The Missing American Jury: Restoring the Fundamental Constitutional Role of the Criminal, Civil, and Grand Juries
- By Suja A. Thomas
- Cambridge University Press
- 262 pp.
- Reviewed by Kenneth Jost
- August 11, 2016
A law professor makes a case for revitalizing a once-ubiquitous component of the U.S. justice system.
Jury trials became part of the United States’ legal system with the ratification of the Constitution, even before the Bill of Rights was added to satisfy opponents who worried about the fate of liberty under the new national government. In establishing the judicial branch, Article III provides that the trial of “all crimes,” except in cases of impeachment, “shall be by jury.”
The Sixth Amendment strengthened that provision by giving defendants “the right to a speedy and public trial, by an impartial jury.” The Fifth Amendment established the antecedent right to be brought to trial only after “a presentment or indictment of a grand jury.” And the Seventh Amendment guaranteed that the right to jury trial “shall be preserved” in “suits at common law” if the amount at stake exceeds $20.
Suja Thomas, a professor at the University of Illinois College of Law, cites these provisions to introduce what she calls her “novel argument” that juries are a fourth branch of government — as much a part of the constitutional system as Congress, the president, or the Supreme Court. And just like those other branches, juries were seen as a “significant check” to balance the powers of the others.
Colonial juries served that very purpose, as in the Zenger case, a landmark in the history of freedom of the press. A jury in New York refused to convict printer John Peter Zinger for publishing criticism of New York’s royal governor. The Declaration of Independence condemned King George for, among other things, “depriving us in many cases of the benefits of trial by jury.”
However venerable the American jury may be, it now plays a vastly diminished role in law and justice. The criminal jury trial is a rarity. The vast majority of cases in federal and state courts are plea-bargained out in a system that gives virtually unchecked power to prosecutors, who are executive branch officials. Civil jury trials are fewer and fewer also. Many cases are settled or dismissed by judges before trial; many others are diverted from the court system by the growing use of arbitration.
The jury has not simply gone “missing,” as Thomas puts it in the title, but has been taken prisoner, “subjugated” by the other branches to “a place of unequal footing.” Thomas notes that when the Supreme Court, in 1978, legitimized plea-bargaining as an “important” component of the criminal justice system, it did not discuss Article III, the Sixth Amendment, or the jury’s role as a check on government. In civil cases, the Supreme Court has upheld laws that give administrative agencies, rather than juries, decision-making roles over newly created causes of action.
Less well known, federal and state judiciaries have crafted new rules of civil procedure — approved by Congress or state legislatures — that allow judges either to keep cases away from juries or to set aside jury verdicts after the fact. Thomas questions the constitutionality of the widely used “summary judgment” procedure, which allows judges to decide cases based on depositions and pleadings with the jury eliminated.
Thomas makes no effort to catalogue all the great jury verdicts of U.S. history, nor all the wrongful convictions, wrongful acquittals, or runaway civil verdicts. But she briefly summarizes the case against the jury: cost, incompetence, inaccuracy, inefficiency. The cost in particular is the reason most often cited for the failure to make states comply with the Fifth Amendment’s requirement for grand juries in criminal cases or the Seventh Amendment’s requirement for juries in civil cases.
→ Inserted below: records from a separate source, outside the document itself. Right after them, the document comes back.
-- ===== src/Idem/Order/Laws.antt =====
-- The order of texts is total and transitive; sorting keeps what each key finds, and dropping repeated
-- keys does too.
use Prim.Native.Nat.{Ordering}
use Prim.Native.String.compare
use Prim.Native.String.{String as Text, compare}
use text.Mathlib.TextEquality.{eq_iff}
use talea.Prelude.{◌≡◌, refl, String, true, false, inl, inr}
use talea.Prelude.{some, List, [], ◌∷◌, All, All-map, Bool-cases, if◌then◌else◌, arith}
use talea.Prelude.Eq.{string_eq, ◌=?◌}
use talea.HashMap.{get}
use talea.Idem.Order.{str_lt, insert_sorted, sort_by_key, dedup_after, dedup_by_key, NotBelow}
use talea.Idem.Order.{IsSorted}

compare_trans :
    (a b c : Text)
    → compare a b ≡ Ordering.lt
    → compare b c ≡ Ordering.lt
    → compare a c ≡ Ordering.lt
compare_trans Text.[] Text.[] c h k = absurd (cc (h, compare.nil-nil))
compare_trans Text.[] (Text.◌∷◌ d t) Text.[] h k = absurd (cc (k, compare.cons-nil d t))
compare_trans Text.[] (Text.◌∷◌ d t) (Text.◌∷◌ e u) h k = compare.nil-cons e u
compare_trans (Text.◌∷◌ c s) Text.[] e h k = absurd (cc (h, compare.cons-nil c s))
compare_trans (Text.◌∷◌ c s) (Text.◌∷◌ d t) Text.[] h k = absurd (cc (k, compare.cons-nil d t))
compare_trans (Text.◌∷◌ c s) (Text.◌∷◌ d t) (Text.◌∷◌ e u) h k = ground (
  arith,
  compare.cons-cons c d s t,
  compare.cons-cons d e t u,
  compare.cons-cons c e s u,
  compare_trans s t u,
)

abbrev pub flip : Ordering → Ordering
flip Ordering.lt = Ordering.gt
flip Ordering.eq = Ordering.eq
flip Ordering.gt = Ordering.lt

pub compare-flip : (a b : Text) → compare b a ≡ flip (compare a b)
compare-flip Text.[] Text.[] = cc compare.nil-nil
compare-flip Text.[] (Text.◌∷◌ d t) = ground (arith, compare.nil-cons d t, compare.cons-nil d t)
compare-flip (Text.◌∷◌ c s) Text.[] = ground (arith, compare.nil-cons c s, compare.cons-nil c s)
compare-flip (Text.◌∷◌ c s) (Text.◌∷◌ d t) =
    ground (arith, compare.cons-cons c d s t, compare.cons-cons d c t s, compare-flip s t)

-- `compare` finds equal texts equal, and no others.
pub compare_eq : (a b : Text) → compare a b ≡ Ordering.eq → a ≡ b
compare_eq a b h = (eq_iff a b).0 (rw h refl)

pub compare_self : (a : Text) → compare a a ≡ Ordering.eq
compare_self a = ground (arith, eq_iff a a)

pub ge_trans : (a b c : Text) → str_lt b a ≡ false → str_lt c b ≡ false → str_lt c a ≡ false
unfolding str_lt
ge_trans a b c h k = ground (arith, compare-flip a b, compare_trans c a b, compare_eq a b)

pub lt_irrefl : (a : Text) → str_lt a a ≡ false
unfolding str_lt
lt_irrefl a = rw (compare_self a, str_lt) refl

pub lt_asymm : (a b : Text) → str_lt a b ≡ true → str_lt b a ≡ false
unfolding str_lt
lt_asymm a b h = ground (arith, compare-flip a b)

pub lt_ne : (a b : Text) → str_lt a b ≡ true → (a =? b) ≡ false
unfolding str_lt
lt_ne a b h = ground (arith, eq_iff a b, compare_self a)

module _ {ℓ} {A : Type ℓ} where
  get-insert_sorted :
      (p : String × A) (qs : List (String × A)) (k : String)
      → get k (insert_sorted p qs) ≡ (if p.0 =? k then some p.1 else get k qs)
  unfolding get insert_sorted
  get-insert_sorted p [] k = refl
  get-insert_sorted p (q ∷ qs) k = elim (Bool-cases (str_lt q.0 p.0)) [
    | inr first ↦ rw first refl
    | inl later ↦
        let ne = lt_ne q.0 p.0 later in
        ground
          (arith, later, ne, eq_iff q.0 p.0, eq_iff q.0 k, eq_iff p.0 k, get-insert_sorted p qs k)
  ]

  -- A stable sort leaves the first value of each key the first.
  pub get-sort_by_key : (ps : List (String × A)) (k : String) → get k (sort_by_key ps) ≡ get k ps
  unfolding get sort_by_key
  get-sort_by_key [] k = refl
  get-sort_by_key (p ∷ ps) k =
      ground (arith, get-insert_sorted p (sort_by_key ps) k, get-sort_by_key ps k)

  get-dedup_after :
      (p : String × A) (ps : List (String × A)) (k : String)
      → get k (p ∷ dedup_after p ps) ≡ get k (p ∷ ps)
  unfolding get dedup_after
  get-dedup_after p [] k = refl
  get-dedup_after p (q ∷ qs) k =
      ground (arith, compare_eq q.0 p.0, get-dedup_after p qs k, get-dedup_after q qs k)

  pub get-dedup_by_key : (ps : List (String × A)) (k : String) → get k (dedup_by_key ps) ≡ get k ps
  unfolding dedup_by_key
  get-dedup_by_key [] k = refl
  get-dedup_by_key (p ∷ ps) k = get-dedup_after p ps k

  module _ {κ} (P : String × A → Type κ) where
    All-insert_sorted :
        (p : String × A) (qs : List (String × A)) → P p → All P qs → All P (insert_sorted p qs)
    unfolding insert_sorted
    All-insert_sorted p [] h k = (h, tt)
    All-insert_sorted p (q ∷ qs) h k = elim (Bool-cases (str_lt q.0 p.0)) [
      | inl later ↦ rw later (k.0, All-insert_sorted p qs h k.1)
      | inr first ↦ rw first (h, k)
    ]

    pub All-sort_by_key : (ps : List (String × A)) → All P ps → All P (sort_by_key ps)
    unfolding sort_by_key
    All-sort_by_key [] h = h
    All-sort_by_key (p ∷ ps) h = All-insert_sorted p (sort_by_key ps) h.0 (All-sort_by_key ps h.1)

    All-dedup_after :
        (last : String × A) (ps : List (String × A)) → All P ps → All P (dedup_after last ps)
    unfolding dedup_after
    All-dedup_after last [] h = h
    All-dedup_after last (p ∷ ps) h =
        elim (compare p.0 last.0)
          as (λ o.
            All P (elim o [ Ordering.eq ↦ dedup_after last ps | _ ↦ p ∷ dedup_after p ps ])) [
              | Ordering.eq ↦ All-dedup_after last ps h.1
              | Ordering.lt ↦ (h.0, All-dedup_after p ps h.1)
              | Ordering.gt ↦ (h.0, All-dedup_after p ps h.1)
            ]

    pub All-dedup_by_key : (ps : List (String × A)) → All P ps → All P (dedup_by_key ps)
    unfolding dedup_by_key
    All-dedup_by_key [] h = h
    All-dedup_by_key (p ∷ ps) h = (h.0, All-dedup_after p ps h.1)

  NotBelow-mono :
      (j k : String) (ps : List (String × A)) → str_lt k j ≡ false → NotBelow k ps → NotBelow j ps
  NotBelow-mono j k ps h =
      All-map _ _ (λ (p : String × A) (e : str_lt p.0 k ≡ false). ge_trans j k p.0 h e) ps

  IsSorted-insert_sorted :
      (p : String × A) (qs : List (String × A)) → IsSorted qs → IsSorted (insert_sorted p qs)
  unfolding insert_sorted
  IsSorted-insert_sorted p [] h = (tt, tt)
  IsSorted-insert_sorted p (q ∷ qs) h = elim (Bool-cases (str_lt q.0 p.0)) [
    | inl later ↦ rw later (
      All-insert_sorted (λ r. str_lt r.0 q.0 ≡ false) p qs (lt_asymm q.0 p.0 later) h.0,
      IsSorted-insert_sorted p qs h.1,
    )
    | inr first ↦ rw first ((first, NotBelow-mono p.0 q.0 qs first h.0), h)
  ]

  pub IsSorted-sort_by_key : (ps : List (String × A)) → IsSorted (sort_by_key ps)
  unfolding sort_by_key
  IsSorted-sort_by_key [] = tt
  IsSorted-sort_by_key (p ∷ ps) =
      IsSorted-insert_sorted p (sort_by_key ps) (IsSorted-sort_by_key ps)

  IsSorted-dedup_after :
      (last : String × A) (ps : List (String × A)) → IsSorted ps → IsSorted (dedup_after last ps)
  unfolding dedup_after
  IsSorted-dedup_after last [] h = h
  IsSorted-dedup_after last (p ∷ ps) h =
      elim (compare p.0 last.0)
        as (λ o.
          IsSorted (elim o [ Ordering.eq ↦ dedup_after last ps | _ ↦ p ∷ dedup_after p ps ])) [
            | Ordering.eq ↦ IsSorted-dedup_after last ps h.1
            | Ordering.lt ↦ (All-dedup_after _ p ps h.0, IsSorted-dedup_after p ps h.1)
            | Ordering.gt ↦ (All-dedup_after _ p ps h.0, IsSorted-dedup_after p ps h.1)
          ]

  pub IsSorted-dedup_by_key : (ps : List (String × A)) → IsSorted ps → IsSorted (dedup_by_key ps)
  unfolding dedup_by_key
  IsSorted-dedup_by_key [] h = h
  IsSorted-dedup_by_key (p ∷ ps) h = (All-dedup_after _ p ps h.0, IsSorted-dedup_after p ps h.1)
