-- ===== src/Idem/Order/Search.antt =====
-- Binary search finds in a sorted slice what a plain search finds, when a key has but one value.
use Prim.Native.Nat.{Ordering}
use Prim.Native.String.{compare}
use text.Mathlib.TextEquality.{eq_iff}
use talea.Prelude.{ℕ, zero, suc, ◌/◌, ◌≤◌, ◌≡◌, refl, sym, ◌∙◌, ap, String, true, false}
use talea.Prelude.{Option, none, some, List, [], ◌∷◌, ◌++◌, length, take, drop, All, All-map, arith}
use talea.Prelude.{take-append-drop, length-take, length-drop}
use talea.Prelude.Eq.{string_eq, ◌=?◌}
use talea.Prelude.{◌⊎◌, inl, inr, subst, Option-cases, Bool-cases}
use talea.Result.{or_else}
use talea.HashMap.{get, get-append, get-All}
use talea.Idem.Order.{str_lt, search_in, binary_search, NotBelow, IsSorted}
use talea.Idem.Order.Laws.{compare_eq, compare-flip, compare_self}

Ordering-cases : (o : Ordering) → (o ≡ Ordering.eq) ⊎ ((o ≡ Ordering.lt) ⊎ (o ≡ Ordering.gt))
Ordering-cases Ordering.eq = inl refl
Ordering-cases Ordering.lt = inr (inl refl)
Ordering-cases Ordering.gt = inr (inr refl)

-- A text beyond the one that is probed is not the key sought.
ne_above :
    (m b key : String) → str_lt m b ≡ false → compare m key ≡ Ordering.lt → (b =? key) ≡ false
unfolding str_lt
ne_above m b key h e = elim (Bool-cases (b =? key)) [
  | inr other ↦ other
  | inl same ↦ let k : b ≡ key = (eq_iff b key).0 same in ground (arith, ap (compare m) k, h, e)
]

ne_below :
    (m b key : String) → str_lt b m ≡ false → compare m key ≡ Ordering.gt → (b =? key) ≡ false
unfolding str_lt
ne_below m b key h e = elim (Bool-cases (b =? key)) [
  | inr other ↦ other
  | inl same ↦
      let k : b ≡ key = (eq_iff b key).0 same in
      ground (arith, ap (λ x. compare x m) k, compare-flip m key, h, e)
]

module _ {ℓ κ} {A : Type ℓ} (P : String × A → Type κ) where
  pub All-take : (n : ℕ) (xs : List (String × A)) → All P xs → All P (take n xs)
  All-take zero xs h = tt
  All-take (suc n) [] h = tt
  All-take (suc n) (x ∷ xs) h = (h.0, All-take n xs h.1)

  pub All-drop : (n : ℕ) (xs : List (String × A)) → All P xs → All P (drop n xs)
  All-drop zero xs h = h
  All-drop (suc n) [] h = tt
  All-drop (suc n) (x ∷ xs) h = All-drop n xs h.1

module _ {ℓ} {A : Type ℓ} where
  -- Of the parts of a sorted slice round a pair, the keys of the one are not above the pair's, and
  -- those of the other not below.
  abbrev Splits : List (String × A) → String × A → List (String × A) → Type 0
  Splits l m r = All (λ p. str_lt m.0 p.0 ≡ false) l × NotBelow m.0 r × IsSorted l × IsSorted r

  NotBelow-append :
      (k : String) (l : List (String × A)) (m : String × A) (r : List (String × A))
      → NotBelow k (l ++ (m ∷ r))
      → NotBelow k l × (str_lt m.0 k ≡ false)
  NotBelow-append k [] m r h = (tt, h.0)
  NotBelow-append k (p ∷ l) m r h =
      let rest = NotBelow-append k l m r h.1 in ((h.0, rest.0), rest.1)

  split_lem :
      (l : List (String × A)) (m : String × A) (r : List (String × A))
      → IsSorted (l ++ (m ∷ r))
      → Splits l m r
  split_lem [] m r h = (tt, h.0, tt, h.1)
  split_lem (p ∷ l) m r h =
      let rest = split_lem l m r h.1 in
      let ends = NotBelow-append p.0 l m r h.0 in
      ((ends.1, rest.0), rest.1, (ends.0, rest.2), rest.3)

  List-cases :
      (xs : List (String × A))
      → (xs ≡ []) ⊎ ((m : String × A) × (r : List (String × A)) × (xs ≡ m ∷ r))
  List-cases [] = inl refl
  List-cases (m ∷ r) = inr (m, r, refl)

  All-mid {κ} :
      (P : String × A → Type κ) (l : List (String × A)) (m : String × A) (r : List (String × A))
      → All P (l ++ (m ∷ r))
      → P m
  All-mid P [] m r h = h.0
  All-mid P (p ∷ l) m r h = All-mid P l m r h.1

  pub or_else-none : (o : Option A) → or_else o none ≡ o
  or_else-none none = refl
  or_else-none (some a) = refl

  pub get-none :
      (k : String) (xs : List (String × A)) → All (λ p. (p.0 =? k) ≡ false) xs → get k xs ≡ none
  unfolding get
  get-none k [] h = refl
  get-none k (p ∷ xs) h = rw h.0 (get-none k xs h.1)

  module _ (T : String → Option A) where
    -- The keys have the values that `T` gives them.
    abbrev pub AllTrue : List (String × A) → Type ℓ
    AllTrue = All (λ p. T p.0 ≡ some p.1)

    pub get-true :
        (k : String) (xs : List (String × A)) {r : A}
        → AllTrue xs
        → get k xs ≡ some r
        → T k ≡ some r
    get-true k xs h e = get-All (λ p. T p.0 ≡ some p.1) k xs h e

    -- The pair that is probed, and the two parts beside it.
    module _ (key : String) (l : List (String × A)) (m : String × A) (r : List (String × A))
        (s : Splits l m r) where
      get-hit :
          compare m.0 key ≡ Ordering.eq → AllTrue (l ++ (m ∷ r)) → get key (l ++ (m ∷ r)) ≡ some m.1
      unfolding get
      get-hit e t =
          let key_eq : m.0 ≡ key = compare_eq m.0 key e in
          let same : (m.0 =? key) ≡ true = (eq_iff m.0 key).1 key_eq in
          let g = get-append key l (m ∷ r) in
          elim (Option-cases (get key l)) [
            | inl absent ↦ g ∙ rw (absent, get, same) refl
            | inr (v, before) ↦
                let found : get key (l ++ (m ∷ r)) ≡ some v = g ∙ rw before refl in
                let mine : T key ≡ some m.1 =
                  subst (λ k. T k ≡ some m.1) key_eq (All-mid _ l m r t) in
                found ∙ sym (get-true key (l ++ (m ∷ r)) t found) ∙ mine
          ]

      get-right : compare m.0 key ≡ Ordering.lt → get key (l ++ (m ∷ r)) ≡ get key r
      unfolding get
      get-right e =
          let before = get-none key l (
            All-map _ _ (λ (p : String × A) (h : str_lt m.0 p.0 ≡ false). ne_above m.0 p.0 key h e)
              l s.0) in
          let other : (m.0 =? key) ≡ false = ground (arith, eq_iff m.0 key, compare_self key, e) in
          get-append key l (m ∷ r) ∙ rw (before, get, other) refl

      get-left : compare m.0 key ≡ Ordering.gt → get key (l ++ (m ∷ r)) ≡ get key l
      unfolding get
      get-left e =
          let after = get-none key r (
            All-map _ _ (λ (p : String × A) (h : str_lt p.0 m.0 ≡ false). ne_below m.0 p.0 key h e)
              r s.1) in
          let other : (m.0 =? key) ≡ false = ground (arith, eq_iff m.0 key, compare_self key, e) in
          let g = get-append key l (m ∷ r) in
          let tail : get key (m ∷ r) ≡ none = rw (get, other) after in
          g ∙ rw tail (or_else-none (get key l))

    search_in-eq-get :
        (fuel : ℕ) (key : String) (xs : List (String × A))
        → length xs ≤ fuel
        → IsSorted xs
        → AllTrue xs
        → search_in fuel key xs ≡ get key xs
    unfolding search_in get
    search_in-eq-get zero key [] len s t = refl
    search_in-eq-get zero key (x ∷ xs) len s t = absurd (omega arith)
    search_in-eq-get (suc fuel) key [] len s t = refl
    search_in-eq-get (suc fuel) key (x ∷ xs') len s t =
        let xs = x ∷ xs' in
        let n = length xs / 2 in
        elim (List-cases (drop n xs)) [
          | inl d ↦ absurd (omega (arith, length-drop n xs, ap (length) d))
          | inr (m, r, d) ↦
              let parts : take n xs ++ (m ∷ r) ≡ xs =
                ap (λ t. take n xs ++ t) (sym d) ∙ take-append-drop n xs in
              let sp = split_lem (take n xs) m r (subst (IsSorted) (sym parts) s) in
              let t' = subst (AllTrue) (sym parts) t in
              let short : length r ≤ fuel = omega (arith, len, length-drop n xs, ap (length) d) in
              let right_true : AllTrue r = (subst (AllTrue) d (All-drop _ n xs t)).1 in
              let whole = λ (z : Option A) (g : get key (take n xs ++ (m ∷ r)) ≡ z).
                sym (subst (λ w. get key w ≡ z) parts g) in
              elim (Ordering-cases (compare m.0 key)) [
                | inl e ↦ rw (d, e, search_in) (whole (some m.1) (get-hit key _ m r sp e t'))
                | inr (inl e) ↦
                    rw (d, e, search_in)
                      (search_in-eq-get fuel key r short sp.3 right_true
                        ∙ whole (get key r) (get-right key _ m r sp e))
                | inr (inr e) ↦
                    let shorter : length (take n xs) ≤ fuel =
                      omega (arith, len, length-take n xs) in
                    rw (d, e, search_in)
                      (search_in-eq-get fuel key (take n xs) shorter sp.2 (All-take _ n xs t)
                        ∙ whole (get key (take n xs)) (get-left key _ m r sp e))
              ]
        ]

    -- In a slice that is sorted by key, and in which all pairs of one key have the same value, binary
    -- search finds for a key what a search from the front finds.
    pub binary_search-eq-get :
        (key : String) (xs : List (String × A))
        → IsSorted xs
        → AllTrue xs
        → binary_search key xs ≡ get key xs
    unfolding binary_search
    binary_search-eq-get key xs s t = search_in-eq-get (length xs) key xs (omega arith) s t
Thomas instead emphasizes the virtues of juries: diversity, deliberations, and consensus. Juries are more representative of the general population than the judiciary and, of necessity, must deliberate together and attempt to reach consensus. Some studies indicate that present-day juries still perform the role of safeguarding individual rights. Judges are somewhat more likely to convict than juries, according to studies, and likely to award somewhat lower damages in civil cases.
Juries in other countries are much different from the American jury, but Thomas shows that juries are gaining in influence elsewhere even as they are less and less relevant in the United States. By way of reforms, Thomas proposes a “plea offer requirement” in criminal cases that would force the prosecutor to tell a jury the plea deal offered to a defendant. In civil cases, a “consensus requirement” would preclude reversal of a jury verdict on appeal unless the judges reached broad agreement: no 5-4 second-guessing.
The prospects for these or any other reforms are cloudy at best. To borrow Alexander Hamilton’s phrasing about the judiciary, juries have neither the power of the purse or the sword — or public opinion. But Thomas closes with the hope that the jury will someday “occupy a place more akin to the constitutional role it was intended to serve in the government.”
Kenneth Jost is author of Trending Toward #Justice and the annual series Supreme Court Yearbook. He is a graduate of Harvard College and Georgetown Law School and has covered law and justice as reporter, editor, or columnist for more than 40 years. His blog is Jost on Justice.